→ **Brief**:
Take the records below and print them verbatim up to and including the line that carries "expire_slots-none [] h = refl".

→ **Provided entries**:
>>>

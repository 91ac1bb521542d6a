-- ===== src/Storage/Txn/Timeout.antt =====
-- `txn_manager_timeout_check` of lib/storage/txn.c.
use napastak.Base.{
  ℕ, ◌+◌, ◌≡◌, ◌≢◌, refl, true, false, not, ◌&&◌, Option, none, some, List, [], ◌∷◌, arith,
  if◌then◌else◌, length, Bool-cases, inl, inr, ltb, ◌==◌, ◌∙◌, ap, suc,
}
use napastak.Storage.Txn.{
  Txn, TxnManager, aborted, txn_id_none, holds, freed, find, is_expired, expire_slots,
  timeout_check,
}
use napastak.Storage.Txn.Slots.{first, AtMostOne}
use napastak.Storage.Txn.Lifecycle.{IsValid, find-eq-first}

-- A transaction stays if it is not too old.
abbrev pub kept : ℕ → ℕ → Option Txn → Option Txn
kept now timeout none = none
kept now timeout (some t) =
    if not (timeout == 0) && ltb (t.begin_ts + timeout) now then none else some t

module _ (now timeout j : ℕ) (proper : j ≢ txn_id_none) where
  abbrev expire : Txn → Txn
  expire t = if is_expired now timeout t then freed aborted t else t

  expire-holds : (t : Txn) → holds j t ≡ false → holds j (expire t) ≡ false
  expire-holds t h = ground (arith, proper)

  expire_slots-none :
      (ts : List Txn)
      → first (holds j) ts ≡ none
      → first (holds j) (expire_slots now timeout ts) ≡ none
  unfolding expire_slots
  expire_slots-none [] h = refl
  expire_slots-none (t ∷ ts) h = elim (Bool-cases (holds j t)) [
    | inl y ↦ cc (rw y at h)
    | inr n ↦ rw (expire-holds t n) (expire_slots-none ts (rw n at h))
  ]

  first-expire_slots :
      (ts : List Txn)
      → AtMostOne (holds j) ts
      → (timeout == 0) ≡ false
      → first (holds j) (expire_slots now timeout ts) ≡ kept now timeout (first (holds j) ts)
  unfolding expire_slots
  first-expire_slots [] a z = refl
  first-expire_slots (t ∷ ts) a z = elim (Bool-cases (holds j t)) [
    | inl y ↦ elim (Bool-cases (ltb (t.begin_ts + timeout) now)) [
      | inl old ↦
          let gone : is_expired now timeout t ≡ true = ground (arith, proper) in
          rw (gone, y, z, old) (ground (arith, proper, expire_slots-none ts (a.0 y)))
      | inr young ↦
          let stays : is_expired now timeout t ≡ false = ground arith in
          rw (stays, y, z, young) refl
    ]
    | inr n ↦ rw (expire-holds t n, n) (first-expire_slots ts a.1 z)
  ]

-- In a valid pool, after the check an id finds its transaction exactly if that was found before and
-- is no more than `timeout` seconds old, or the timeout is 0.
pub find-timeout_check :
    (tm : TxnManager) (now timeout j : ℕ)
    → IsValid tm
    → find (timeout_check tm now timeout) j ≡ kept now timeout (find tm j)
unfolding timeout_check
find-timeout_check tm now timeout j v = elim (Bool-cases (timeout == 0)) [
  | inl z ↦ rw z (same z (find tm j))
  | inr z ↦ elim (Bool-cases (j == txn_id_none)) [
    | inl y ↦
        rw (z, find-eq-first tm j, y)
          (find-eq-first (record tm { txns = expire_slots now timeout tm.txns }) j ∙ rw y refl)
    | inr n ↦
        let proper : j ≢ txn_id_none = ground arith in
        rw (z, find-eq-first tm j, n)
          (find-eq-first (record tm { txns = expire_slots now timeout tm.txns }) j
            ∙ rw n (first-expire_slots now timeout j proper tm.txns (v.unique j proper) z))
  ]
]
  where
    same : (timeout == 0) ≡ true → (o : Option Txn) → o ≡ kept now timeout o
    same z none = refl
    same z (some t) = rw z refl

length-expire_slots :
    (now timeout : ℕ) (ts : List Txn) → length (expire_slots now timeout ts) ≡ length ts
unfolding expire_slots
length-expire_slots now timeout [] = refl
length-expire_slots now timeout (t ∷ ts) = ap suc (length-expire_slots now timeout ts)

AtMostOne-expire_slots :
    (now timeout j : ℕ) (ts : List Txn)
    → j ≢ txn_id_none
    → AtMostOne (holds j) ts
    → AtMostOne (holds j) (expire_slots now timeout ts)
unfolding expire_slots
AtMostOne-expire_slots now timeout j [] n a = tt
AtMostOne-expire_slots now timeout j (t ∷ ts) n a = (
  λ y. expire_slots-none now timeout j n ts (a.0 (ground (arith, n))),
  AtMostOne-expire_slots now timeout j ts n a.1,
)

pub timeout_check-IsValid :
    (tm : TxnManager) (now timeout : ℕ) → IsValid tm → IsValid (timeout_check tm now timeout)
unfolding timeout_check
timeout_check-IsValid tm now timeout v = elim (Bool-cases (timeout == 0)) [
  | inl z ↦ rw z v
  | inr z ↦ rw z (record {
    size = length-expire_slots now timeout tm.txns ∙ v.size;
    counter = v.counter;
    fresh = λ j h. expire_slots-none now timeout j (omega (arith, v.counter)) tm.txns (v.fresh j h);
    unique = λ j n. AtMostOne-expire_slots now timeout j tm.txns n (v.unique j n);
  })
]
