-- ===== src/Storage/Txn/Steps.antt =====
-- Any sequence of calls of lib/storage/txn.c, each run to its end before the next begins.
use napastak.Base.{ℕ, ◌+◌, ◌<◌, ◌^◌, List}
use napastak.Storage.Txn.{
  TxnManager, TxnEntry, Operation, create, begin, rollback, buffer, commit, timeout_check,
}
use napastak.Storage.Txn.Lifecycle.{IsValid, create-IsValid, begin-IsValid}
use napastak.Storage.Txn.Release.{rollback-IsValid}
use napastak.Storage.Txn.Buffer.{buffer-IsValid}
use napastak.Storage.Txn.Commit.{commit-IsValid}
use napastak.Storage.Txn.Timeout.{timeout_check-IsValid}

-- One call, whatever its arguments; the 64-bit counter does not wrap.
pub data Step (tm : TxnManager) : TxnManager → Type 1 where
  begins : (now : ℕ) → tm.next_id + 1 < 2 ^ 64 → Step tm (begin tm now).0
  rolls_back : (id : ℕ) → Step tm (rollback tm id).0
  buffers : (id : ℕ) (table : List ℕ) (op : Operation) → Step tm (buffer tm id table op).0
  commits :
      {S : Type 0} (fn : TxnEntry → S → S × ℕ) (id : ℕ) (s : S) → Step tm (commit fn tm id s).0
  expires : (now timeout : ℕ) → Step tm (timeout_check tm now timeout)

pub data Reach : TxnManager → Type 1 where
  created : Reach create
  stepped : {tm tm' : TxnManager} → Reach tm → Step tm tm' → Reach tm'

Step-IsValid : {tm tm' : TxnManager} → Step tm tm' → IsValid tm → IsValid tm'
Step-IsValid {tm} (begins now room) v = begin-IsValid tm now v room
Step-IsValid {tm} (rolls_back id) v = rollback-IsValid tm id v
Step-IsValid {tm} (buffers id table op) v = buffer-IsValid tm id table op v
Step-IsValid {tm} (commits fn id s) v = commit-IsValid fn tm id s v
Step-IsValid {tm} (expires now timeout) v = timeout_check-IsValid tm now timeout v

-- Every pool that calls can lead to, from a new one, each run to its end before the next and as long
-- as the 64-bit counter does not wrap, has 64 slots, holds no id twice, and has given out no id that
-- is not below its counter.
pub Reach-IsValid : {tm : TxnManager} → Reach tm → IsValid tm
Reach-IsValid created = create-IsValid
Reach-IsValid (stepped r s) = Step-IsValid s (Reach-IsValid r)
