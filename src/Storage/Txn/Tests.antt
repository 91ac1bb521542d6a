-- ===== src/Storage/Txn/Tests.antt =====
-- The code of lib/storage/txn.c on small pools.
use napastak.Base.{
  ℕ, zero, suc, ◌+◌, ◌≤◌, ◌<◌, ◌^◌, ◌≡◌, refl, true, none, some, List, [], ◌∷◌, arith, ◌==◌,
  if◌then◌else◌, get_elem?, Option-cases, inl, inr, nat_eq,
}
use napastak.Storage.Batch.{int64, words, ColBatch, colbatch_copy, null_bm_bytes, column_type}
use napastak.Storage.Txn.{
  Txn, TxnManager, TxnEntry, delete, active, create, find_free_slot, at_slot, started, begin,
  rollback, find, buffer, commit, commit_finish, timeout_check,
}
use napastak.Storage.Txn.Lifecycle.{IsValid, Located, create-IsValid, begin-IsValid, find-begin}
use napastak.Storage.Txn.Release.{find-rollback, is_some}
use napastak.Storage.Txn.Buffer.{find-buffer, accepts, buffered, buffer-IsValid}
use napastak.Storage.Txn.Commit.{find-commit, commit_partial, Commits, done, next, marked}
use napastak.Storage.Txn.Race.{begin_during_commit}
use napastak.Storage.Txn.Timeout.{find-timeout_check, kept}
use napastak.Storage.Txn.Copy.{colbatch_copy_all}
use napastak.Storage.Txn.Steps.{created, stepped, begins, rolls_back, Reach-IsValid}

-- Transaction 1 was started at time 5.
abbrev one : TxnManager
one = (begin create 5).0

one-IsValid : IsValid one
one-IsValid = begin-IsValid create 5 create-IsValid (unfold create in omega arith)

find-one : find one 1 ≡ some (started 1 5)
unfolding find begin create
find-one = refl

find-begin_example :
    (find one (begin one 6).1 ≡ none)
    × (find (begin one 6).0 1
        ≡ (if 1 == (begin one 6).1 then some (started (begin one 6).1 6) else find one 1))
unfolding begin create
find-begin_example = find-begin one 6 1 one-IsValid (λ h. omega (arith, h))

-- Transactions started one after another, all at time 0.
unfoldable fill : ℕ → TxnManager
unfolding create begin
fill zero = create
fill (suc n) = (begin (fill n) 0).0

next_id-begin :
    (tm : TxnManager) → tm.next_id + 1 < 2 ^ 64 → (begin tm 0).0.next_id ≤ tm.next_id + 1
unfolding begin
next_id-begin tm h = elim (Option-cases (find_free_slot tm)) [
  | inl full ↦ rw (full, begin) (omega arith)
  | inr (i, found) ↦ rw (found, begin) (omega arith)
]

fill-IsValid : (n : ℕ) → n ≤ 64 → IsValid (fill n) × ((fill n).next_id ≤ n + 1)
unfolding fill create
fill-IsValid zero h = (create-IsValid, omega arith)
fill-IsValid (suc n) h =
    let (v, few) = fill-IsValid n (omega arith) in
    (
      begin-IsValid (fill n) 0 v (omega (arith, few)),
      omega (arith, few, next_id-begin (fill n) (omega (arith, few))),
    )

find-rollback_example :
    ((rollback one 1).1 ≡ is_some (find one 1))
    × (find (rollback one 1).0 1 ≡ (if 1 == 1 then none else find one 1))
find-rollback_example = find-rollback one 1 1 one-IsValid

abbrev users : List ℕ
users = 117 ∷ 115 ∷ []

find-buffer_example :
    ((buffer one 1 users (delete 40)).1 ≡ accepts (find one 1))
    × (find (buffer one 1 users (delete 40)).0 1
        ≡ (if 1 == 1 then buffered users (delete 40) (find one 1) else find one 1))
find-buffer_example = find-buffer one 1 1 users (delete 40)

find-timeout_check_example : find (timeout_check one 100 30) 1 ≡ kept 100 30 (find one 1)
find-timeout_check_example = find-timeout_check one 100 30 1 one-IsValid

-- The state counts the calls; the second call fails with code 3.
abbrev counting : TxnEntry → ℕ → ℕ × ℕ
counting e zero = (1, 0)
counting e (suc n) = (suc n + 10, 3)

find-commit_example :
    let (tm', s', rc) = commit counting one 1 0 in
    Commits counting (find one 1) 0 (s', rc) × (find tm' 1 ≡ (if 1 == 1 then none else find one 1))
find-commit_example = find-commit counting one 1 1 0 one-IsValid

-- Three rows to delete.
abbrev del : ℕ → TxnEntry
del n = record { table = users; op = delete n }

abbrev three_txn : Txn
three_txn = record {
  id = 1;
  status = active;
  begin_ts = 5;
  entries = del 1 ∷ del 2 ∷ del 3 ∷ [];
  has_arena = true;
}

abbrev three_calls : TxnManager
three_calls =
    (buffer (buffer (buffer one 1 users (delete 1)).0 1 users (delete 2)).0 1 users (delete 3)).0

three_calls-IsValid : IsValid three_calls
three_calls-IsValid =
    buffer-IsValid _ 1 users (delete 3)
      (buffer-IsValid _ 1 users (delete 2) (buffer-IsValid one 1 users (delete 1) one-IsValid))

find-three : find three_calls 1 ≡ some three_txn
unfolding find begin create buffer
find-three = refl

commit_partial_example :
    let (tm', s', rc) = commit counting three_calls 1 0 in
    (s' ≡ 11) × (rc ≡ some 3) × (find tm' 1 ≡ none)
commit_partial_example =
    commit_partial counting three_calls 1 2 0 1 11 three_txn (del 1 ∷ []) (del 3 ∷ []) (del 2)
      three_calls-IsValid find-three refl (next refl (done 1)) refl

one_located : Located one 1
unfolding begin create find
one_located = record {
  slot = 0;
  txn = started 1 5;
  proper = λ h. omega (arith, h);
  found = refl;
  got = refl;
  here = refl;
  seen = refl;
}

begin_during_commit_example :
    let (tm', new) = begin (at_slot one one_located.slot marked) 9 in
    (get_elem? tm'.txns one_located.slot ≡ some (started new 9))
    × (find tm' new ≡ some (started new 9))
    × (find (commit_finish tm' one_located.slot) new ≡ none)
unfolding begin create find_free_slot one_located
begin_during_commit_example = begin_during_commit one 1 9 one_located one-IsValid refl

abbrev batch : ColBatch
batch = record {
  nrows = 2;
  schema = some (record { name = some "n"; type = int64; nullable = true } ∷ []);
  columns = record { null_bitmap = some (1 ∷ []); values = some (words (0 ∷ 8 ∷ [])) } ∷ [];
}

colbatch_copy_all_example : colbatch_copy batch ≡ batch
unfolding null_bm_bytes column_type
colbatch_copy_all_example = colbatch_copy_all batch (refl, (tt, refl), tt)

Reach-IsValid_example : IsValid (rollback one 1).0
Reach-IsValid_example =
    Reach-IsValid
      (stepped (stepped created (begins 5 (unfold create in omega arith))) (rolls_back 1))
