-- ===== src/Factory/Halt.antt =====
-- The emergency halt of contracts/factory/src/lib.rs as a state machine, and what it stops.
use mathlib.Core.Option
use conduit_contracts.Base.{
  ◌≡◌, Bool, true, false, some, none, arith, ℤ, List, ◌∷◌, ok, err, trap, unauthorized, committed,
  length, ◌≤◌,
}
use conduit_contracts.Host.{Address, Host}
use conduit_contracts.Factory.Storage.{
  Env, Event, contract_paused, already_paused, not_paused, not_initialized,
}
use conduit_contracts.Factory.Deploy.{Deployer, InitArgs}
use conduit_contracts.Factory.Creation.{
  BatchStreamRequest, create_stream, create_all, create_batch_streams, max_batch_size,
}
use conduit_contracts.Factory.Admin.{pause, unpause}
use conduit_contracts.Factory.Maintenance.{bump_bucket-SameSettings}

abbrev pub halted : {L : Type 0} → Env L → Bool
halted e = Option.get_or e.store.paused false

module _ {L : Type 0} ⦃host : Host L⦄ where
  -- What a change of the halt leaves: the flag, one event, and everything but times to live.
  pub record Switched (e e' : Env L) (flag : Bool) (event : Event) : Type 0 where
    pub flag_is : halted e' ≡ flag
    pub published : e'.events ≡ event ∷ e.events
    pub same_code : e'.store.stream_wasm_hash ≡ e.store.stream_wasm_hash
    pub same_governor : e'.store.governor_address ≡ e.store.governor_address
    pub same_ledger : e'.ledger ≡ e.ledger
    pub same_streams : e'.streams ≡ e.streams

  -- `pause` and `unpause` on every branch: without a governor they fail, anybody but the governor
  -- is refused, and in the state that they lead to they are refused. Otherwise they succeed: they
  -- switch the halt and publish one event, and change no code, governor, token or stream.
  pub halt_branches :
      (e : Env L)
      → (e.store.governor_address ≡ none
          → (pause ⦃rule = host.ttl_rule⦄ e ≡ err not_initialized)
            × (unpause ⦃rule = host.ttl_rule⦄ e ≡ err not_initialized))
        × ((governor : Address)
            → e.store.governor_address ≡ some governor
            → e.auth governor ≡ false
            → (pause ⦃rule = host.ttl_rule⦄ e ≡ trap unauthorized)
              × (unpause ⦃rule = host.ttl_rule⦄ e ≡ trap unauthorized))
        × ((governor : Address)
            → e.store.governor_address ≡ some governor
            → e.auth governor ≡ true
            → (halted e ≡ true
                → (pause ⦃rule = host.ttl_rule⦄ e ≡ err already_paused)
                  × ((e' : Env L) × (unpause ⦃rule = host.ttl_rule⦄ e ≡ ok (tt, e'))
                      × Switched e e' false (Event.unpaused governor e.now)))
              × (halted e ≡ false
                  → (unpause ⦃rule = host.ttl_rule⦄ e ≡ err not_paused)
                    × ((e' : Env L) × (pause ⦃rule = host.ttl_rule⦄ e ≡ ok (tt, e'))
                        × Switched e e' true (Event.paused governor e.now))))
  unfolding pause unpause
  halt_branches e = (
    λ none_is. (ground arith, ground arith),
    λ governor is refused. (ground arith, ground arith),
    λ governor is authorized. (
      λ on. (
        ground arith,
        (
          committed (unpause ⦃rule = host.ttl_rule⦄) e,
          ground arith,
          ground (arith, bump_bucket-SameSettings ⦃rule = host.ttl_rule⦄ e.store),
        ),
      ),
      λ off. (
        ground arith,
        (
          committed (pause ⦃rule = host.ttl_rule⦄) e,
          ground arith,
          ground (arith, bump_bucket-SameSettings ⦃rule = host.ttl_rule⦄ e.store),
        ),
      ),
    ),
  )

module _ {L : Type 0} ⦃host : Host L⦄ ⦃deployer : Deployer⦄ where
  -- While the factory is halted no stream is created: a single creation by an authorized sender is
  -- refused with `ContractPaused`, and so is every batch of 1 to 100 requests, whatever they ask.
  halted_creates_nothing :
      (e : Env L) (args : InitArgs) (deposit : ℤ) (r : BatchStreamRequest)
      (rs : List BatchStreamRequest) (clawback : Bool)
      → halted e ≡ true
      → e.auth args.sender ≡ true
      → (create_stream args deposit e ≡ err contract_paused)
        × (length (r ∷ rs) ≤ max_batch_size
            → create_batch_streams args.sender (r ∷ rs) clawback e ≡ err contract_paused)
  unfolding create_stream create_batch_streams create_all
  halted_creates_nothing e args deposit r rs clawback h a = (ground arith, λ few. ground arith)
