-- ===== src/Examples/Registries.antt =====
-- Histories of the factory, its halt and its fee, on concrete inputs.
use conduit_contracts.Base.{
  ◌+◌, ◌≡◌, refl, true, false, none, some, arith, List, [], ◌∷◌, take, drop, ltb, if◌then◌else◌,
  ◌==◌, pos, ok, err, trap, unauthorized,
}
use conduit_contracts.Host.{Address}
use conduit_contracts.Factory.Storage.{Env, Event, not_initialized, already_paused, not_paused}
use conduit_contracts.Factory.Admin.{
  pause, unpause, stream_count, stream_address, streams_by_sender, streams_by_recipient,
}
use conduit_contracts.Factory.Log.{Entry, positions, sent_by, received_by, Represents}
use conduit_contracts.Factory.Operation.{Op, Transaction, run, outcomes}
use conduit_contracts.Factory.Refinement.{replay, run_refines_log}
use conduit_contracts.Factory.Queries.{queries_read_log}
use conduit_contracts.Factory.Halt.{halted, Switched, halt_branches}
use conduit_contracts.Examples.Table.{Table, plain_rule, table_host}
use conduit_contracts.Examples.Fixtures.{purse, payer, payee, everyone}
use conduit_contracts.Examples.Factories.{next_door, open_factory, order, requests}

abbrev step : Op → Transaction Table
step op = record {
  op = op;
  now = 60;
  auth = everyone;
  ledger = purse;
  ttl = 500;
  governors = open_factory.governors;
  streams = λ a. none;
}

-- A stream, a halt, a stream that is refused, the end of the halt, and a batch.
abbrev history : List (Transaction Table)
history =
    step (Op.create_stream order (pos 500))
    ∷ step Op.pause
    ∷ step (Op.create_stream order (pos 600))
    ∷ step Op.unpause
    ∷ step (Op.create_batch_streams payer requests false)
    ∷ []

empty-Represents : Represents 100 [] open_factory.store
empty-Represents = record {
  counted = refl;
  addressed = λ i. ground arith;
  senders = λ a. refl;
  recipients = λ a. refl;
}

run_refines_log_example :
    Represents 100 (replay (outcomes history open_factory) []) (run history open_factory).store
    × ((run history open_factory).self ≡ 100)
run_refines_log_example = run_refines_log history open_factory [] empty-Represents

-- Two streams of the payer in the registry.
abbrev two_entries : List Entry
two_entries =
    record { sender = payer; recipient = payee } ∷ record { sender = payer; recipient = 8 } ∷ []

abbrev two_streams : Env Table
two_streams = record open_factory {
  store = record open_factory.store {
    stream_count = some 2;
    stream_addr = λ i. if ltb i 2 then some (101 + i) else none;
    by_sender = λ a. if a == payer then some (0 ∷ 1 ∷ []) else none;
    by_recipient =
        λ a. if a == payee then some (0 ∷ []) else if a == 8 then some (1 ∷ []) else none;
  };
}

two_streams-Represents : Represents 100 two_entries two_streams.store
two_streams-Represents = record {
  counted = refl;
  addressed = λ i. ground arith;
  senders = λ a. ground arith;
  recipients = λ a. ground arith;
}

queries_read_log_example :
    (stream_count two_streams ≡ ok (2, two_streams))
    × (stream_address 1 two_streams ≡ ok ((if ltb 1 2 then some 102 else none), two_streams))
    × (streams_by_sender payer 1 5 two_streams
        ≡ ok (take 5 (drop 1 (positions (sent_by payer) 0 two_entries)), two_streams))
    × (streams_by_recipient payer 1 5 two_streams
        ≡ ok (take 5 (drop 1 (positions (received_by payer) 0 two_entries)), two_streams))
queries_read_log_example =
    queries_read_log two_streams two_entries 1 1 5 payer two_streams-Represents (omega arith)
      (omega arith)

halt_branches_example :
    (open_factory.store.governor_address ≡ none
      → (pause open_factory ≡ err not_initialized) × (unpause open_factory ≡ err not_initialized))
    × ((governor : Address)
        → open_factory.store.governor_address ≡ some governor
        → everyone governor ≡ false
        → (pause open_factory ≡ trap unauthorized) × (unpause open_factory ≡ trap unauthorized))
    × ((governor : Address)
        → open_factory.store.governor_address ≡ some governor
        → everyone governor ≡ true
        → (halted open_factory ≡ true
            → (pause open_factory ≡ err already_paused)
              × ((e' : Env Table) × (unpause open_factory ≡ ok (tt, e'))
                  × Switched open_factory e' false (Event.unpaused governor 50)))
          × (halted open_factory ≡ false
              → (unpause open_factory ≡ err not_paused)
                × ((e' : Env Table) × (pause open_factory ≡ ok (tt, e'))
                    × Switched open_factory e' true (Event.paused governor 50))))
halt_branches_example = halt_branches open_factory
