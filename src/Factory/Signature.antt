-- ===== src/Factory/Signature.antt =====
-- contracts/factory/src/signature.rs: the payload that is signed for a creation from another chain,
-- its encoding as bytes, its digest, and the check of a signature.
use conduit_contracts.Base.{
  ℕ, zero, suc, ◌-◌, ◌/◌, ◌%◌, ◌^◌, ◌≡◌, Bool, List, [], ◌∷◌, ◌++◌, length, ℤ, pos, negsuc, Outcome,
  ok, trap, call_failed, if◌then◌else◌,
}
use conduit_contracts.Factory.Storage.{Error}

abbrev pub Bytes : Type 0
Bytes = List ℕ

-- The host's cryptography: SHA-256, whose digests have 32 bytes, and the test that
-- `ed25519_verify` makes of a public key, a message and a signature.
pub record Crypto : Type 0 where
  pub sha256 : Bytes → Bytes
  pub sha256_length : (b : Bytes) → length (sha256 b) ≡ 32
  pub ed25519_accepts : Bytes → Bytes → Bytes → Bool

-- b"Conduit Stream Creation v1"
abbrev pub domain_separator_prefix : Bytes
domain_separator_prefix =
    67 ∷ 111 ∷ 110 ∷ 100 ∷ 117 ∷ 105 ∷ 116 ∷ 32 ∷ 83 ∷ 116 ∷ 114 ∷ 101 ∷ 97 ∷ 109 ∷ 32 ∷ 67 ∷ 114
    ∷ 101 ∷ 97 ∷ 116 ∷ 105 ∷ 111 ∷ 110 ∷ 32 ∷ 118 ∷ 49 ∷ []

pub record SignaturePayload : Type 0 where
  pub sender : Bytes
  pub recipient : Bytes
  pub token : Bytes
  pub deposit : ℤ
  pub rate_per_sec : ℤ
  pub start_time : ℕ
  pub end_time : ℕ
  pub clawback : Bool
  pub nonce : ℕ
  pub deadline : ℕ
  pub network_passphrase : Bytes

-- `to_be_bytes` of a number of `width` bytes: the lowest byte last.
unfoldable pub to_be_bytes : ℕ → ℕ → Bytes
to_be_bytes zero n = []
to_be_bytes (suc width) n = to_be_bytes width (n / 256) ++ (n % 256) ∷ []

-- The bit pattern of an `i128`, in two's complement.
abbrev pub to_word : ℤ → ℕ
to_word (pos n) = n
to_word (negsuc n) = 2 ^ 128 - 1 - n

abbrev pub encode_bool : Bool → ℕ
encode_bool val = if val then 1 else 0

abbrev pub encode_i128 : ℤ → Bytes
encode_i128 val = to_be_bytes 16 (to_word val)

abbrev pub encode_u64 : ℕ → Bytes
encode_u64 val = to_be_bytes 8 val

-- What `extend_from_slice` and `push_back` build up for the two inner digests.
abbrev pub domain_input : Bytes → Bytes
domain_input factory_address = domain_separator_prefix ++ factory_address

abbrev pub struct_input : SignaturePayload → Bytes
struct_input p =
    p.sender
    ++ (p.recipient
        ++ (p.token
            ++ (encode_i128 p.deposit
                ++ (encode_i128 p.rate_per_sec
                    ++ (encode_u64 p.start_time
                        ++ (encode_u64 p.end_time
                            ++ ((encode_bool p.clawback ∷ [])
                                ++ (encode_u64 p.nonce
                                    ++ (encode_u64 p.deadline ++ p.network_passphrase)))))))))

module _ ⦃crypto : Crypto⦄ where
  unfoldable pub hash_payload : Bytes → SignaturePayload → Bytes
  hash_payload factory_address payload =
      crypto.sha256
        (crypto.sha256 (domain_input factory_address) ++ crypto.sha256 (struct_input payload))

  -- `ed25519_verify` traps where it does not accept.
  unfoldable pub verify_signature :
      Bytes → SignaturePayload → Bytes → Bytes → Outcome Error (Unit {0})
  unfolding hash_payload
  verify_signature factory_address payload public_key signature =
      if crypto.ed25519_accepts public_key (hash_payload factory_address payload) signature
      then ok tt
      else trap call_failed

<<<

→ **Solution**:
repository 91ac1bb521542d6a
-- ===== src/Storage/Txn/Timeout.antt =====
-- `txn_manager_timeout_check` of lib/storage/txn.c.
use napastak.Base.{
  ℕ, ◌+◌, ◌≡◌, ◌≢◌, refl, true, false, not, ◌&&◌, Option, none, some, List, [], ◌∷◌, arith,
  if◌then◌else◌, length, Bool-cases, inl, inr, ltb, ◌==◌, ◌∙◌, ap, suc,
}
use napastak.Storage.Txn.{
  Txn, TxnManager, aborted, txn_id_none, holds, freed, find, is_expired, expire_slots,
  timeout_check,
}
use napastak.Storage.Txn.Slots.{first, AtMostOne}
use napastak.Storage.Txn.Lifecycle.{IsValid, find-eq-first}

-- A transaction stays if it is not too old.
abbrev pub kept : ℕ → ℕ → Option Txn → Option Txn
kept now timeout none = none
kept now timeout (some t) =
    if not (timeout == 0) && ltb (t.begin_ts + timeout) now then none else some t

module _ (now timeout j : ℕ) (proper : j ≢ txn_id_none) where
  abbrev expire : Txn → Txn
  expire t = if is_expired now timeout t then freed aborted t else t

  expire-holds : (t : Txn) → holds j t ≡ false → holds j (expire t) ≡ false
  expire-holds t h = ground (arith, proper)

  expire_slots-none :
      (ts : List Txn)
      → first (holds j) ts ≡ none
      → first (holds j) (expire_slots now timeout ts) ≡ none
  unfolding expire_slots
  expire_slots-none [] h = refl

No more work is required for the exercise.